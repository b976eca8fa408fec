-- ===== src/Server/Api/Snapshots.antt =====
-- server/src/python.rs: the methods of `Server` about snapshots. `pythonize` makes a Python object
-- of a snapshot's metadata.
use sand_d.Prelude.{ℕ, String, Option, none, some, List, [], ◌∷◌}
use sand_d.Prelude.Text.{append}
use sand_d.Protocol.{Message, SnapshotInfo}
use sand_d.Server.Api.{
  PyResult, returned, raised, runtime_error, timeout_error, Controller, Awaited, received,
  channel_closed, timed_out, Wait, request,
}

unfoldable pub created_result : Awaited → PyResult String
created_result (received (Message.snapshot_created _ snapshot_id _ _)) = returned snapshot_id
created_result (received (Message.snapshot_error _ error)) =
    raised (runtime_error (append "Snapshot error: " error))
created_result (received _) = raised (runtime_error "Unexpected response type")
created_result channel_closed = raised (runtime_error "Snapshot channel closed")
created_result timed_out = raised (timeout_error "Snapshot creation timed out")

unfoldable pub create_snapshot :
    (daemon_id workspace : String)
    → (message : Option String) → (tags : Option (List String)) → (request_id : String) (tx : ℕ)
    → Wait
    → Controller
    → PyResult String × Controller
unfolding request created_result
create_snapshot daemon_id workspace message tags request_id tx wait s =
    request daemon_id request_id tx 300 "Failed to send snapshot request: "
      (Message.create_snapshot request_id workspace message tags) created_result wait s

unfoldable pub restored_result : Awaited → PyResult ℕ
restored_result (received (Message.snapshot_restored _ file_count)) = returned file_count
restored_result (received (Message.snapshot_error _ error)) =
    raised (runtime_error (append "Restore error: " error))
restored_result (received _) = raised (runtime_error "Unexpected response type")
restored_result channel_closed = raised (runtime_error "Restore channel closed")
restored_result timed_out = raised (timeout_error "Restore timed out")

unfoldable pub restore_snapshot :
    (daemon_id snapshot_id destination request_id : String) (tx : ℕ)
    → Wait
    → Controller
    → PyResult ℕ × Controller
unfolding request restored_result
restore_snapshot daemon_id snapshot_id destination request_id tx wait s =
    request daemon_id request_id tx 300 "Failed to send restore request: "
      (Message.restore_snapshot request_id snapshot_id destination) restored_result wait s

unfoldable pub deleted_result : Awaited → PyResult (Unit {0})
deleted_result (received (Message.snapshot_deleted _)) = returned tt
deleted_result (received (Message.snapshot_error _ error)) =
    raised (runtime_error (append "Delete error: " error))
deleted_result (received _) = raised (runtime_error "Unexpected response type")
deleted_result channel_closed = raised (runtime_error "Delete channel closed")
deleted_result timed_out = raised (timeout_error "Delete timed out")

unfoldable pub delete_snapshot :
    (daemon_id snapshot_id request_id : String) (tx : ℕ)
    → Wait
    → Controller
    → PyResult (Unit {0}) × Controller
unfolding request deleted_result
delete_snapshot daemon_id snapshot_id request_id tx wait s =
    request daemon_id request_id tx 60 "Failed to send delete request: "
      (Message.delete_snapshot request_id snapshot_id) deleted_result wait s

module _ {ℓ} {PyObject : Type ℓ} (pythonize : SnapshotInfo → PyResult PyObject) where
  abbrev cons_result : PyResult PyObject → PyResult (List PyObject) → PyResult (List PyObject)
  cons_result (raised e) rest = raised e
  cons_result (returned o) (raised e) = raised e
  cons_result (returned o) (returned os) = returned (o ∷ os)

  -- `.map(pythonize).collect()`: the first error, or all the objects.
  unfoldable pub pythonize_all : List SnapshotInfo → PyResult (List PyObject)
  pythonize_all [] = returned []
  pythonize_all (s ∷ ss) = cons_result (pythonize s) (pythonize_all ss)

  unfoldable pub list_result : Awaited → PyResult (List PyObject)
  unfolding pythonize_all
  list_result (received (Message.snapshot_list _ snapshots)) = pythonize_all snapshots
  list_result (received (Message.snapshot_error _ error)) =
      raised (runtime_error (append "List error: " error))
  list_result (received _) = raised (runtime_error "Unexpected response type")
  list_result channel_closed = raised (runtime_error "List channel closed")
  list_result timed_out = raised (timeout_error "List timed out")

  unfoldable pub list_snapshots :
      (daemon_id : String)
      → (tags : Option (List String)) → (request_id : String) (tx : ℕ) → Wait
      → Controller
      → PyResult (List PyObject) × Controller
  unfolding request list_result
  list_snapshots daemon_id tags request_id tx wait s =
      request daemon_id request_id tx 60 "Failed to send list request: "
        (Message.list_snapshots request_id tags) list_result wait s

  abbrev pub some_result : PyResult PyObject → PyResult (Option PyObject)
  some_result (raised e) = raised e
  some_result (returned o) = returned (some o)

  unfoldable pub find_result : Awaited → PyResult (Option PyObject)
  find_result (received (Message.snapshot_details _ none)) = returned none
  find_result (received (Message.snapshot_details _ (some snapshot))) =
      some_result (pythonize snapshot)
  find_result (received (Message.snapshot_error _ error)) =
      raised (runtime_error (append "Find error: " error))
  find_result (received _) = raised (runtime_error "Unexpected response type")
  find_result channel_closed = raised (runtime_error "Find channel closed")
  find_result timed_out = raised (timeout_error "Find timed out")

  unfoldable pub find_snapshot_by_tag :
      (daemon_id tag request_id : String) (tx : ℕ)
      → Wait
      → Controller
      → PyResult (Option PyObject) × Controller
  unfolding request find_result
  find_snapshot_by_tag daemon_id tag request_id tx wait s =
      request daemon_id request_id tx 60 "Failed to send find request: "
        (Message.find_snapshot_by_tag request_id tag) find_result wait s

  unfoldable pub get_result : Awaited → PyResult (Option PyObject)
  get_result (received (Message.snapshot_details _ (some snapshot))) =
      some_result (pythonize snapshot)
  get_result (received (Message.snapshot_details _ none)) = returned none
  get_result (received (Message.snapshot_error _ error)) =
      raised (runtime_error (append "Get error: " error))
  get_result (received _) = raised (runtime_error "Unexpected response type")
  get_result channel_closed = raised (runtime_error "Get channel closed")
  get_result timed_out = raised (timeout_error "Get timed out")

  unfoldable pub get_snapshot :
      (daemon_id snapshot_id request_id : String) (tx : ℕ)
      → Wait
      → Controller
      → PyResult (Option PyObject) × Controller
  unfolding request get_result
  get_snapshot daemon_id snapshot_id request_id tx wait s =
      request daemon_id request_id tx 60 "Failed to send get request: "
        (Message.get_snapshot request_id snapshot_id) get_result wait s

▶ **TASK TO CARRY OUT**: Please transcribe word for word the lines from the line with "unfolding request get_result" to the end of the material, both ends included.

▶ **OUTPUT**:
  unfolding request get_result
  get_snapshot daemon_id snapshot_id request_id tx wait s =
      request daemon_id request_id tx 60 "Failed to send get request: "
        (Message.get_snapshot request_id snapshot_id) get_result wait s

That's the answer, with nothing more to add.